= TASK OBJECTIVE =
From the listing below, pick out each line with the word "Native".

= DATA UNDER STUDY =
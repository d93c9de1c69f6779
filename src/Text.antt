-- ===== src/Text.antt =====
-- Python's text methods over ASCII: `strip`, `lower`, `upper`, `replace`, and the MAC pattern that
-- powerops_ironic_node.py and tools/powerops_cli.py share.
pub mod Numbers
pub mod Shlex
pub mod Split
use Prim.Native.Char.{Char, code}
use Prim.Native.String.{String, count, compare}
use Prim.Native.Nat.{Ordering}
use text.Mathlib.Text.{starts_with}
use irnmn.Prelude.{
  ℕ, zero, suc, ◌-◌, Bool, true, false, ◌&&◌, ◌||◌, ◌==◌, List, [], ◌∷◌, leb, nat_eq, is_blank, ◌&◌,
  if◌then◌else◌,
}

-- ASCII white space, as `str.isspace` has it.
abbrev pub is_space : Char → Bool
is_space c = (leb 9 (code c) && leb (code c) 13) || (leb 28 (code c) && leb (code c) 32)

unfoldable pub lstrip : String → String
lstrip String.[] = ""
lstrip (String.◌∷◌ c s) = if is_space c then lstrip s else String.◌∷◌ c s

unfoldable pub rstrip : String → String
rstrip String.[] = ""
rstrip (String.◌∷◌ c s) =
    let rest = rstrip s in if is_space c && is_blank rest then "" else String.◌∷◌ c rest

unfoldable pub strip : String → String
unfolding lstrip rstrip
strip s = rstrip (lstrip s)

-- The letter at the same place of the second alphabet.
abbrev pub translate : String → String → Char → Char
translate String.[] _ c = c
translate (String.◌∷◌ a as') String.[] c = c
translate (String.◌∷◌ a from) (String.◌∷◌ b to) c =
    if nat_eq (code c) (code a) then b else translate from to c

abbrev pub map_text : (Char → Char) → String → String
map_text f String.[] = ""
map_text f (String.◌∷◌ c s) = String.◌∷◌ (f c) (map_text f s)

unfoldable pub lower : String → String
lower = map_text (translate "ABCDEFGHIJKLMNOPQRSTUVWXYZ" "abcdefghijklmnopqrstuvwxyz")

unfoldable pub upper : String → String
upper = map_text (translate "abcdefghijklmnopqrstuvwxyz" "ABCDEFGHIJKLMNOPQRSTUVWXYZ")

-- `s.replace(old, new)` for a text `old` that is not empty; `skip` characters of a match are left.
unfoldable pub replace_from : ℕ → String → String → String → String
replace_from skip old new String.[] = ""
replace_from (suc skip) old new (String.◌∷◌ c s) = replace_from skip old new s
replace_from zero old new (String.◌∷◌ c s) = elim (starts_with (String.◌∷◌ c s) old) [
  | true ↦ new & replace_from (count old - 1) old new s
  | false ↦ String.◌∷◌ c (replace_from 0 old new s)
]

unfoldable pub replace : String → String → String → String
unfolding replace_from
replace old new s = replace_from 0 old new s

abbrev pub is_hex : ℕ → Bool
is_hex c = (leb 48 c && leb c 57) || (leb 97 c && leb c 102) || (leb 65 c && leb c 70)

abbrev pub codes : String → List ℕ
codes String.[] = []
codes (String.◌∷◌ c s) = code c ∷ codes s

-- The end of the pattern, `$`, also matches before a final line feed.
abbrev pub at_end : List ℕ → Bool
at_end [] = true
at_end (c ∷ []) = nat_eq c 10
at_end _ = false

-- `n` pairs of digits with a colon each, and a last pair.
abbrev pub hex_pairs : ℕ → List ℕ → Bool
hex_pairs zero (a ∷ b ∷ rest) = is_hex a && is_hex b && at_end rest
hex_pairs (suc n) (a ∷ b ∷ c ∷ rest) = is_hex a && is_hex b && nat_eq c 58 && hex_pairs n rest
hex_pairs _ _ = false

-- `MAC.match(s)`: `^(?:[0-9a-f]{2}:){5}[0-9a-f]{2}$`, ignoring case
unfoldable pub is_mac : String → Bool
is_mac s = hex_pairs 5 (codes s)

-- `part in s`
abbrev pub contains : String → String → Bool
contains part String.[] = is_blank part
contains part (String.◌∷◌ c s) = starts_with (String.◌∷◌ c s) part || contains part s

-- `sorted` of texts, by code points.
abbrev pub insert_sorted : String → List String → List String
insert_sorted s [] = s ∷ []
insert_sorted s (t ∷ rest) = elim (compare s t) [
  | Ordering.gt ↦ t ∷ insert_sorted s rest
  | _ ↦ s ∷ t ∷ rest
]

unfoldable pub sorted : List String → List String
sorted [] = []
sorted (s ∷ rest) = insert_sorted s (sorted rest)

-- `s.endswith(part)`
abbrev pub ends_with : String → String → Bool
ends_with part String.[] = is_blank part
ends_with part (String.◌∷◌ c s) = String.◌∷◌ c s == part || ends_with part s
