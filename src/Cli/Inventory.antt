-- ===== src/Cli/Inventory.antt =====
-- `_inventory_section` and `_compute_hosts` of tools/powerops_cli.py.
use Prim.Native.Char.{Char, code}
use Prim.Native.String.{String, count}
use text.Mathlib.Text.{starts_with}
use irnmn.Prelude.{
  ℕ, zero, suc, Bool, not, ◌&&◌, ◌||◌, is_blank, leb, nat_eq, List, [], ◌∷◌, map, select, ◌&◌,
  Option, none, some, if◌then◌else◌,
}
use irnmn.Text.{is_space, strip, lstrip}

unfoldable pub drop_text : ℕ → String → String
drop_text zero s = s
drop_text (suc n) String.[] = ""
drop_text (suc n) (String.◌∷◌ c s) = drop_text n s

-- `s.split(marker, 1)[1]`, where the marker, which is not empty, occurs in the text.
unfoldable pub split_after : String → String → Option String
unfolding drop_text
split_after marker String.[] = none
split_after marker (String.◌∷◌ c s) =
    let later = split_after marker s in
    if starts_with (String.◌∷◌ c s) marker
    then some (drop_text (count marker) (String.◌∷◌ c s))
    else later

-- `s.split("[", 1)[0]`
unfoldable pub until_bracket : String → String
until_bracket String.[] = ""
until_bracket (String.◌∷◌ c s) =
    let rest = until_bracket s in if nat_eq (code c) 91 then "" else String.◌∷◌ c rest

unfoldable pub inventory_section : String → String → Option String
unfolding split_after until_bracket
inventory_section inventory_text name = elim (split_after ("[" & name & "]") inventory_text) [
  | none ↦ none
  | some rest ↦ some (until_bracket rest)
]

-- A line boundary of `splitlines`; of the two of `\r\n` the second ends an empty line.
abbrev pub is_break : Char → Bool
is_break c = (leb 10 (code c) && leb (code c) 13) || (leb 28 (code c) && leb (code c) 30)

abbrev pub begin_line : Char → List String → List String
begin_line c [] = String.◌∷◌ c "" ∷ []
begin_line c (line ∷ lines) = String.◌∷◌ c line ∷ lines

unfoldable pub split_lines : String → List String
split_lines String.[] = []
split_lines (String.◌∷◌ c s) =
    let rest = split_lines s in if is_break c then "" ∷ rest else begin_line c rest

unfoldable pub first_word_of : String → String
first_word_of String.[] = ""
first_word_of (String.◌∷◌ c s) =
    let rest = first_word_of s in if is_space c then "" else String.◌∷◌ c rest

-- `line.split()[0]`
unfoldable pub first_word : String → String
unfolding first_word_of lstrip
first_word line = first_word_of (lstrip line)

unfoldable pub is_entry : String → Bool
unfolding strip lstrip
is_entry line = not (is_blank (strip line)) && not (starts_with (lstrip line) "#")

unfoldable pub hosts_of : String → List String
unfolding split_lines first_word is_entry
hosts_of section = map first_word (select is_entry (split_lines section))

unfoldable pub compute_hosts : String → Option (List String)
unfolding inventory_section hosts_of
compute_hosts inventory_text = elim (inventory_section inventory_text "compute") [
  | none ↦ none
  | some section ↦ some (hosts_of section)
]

= SOLUTION TO THIS EXERCISE =
use Prim.Native.Char.{Char, code}
use Prim.Native.String.{String, count, compare}
use Prim.Native.Nat.{Ordering}
use Prim.Native.Char.{Char, code}
use Prim.Native.String.{String, count}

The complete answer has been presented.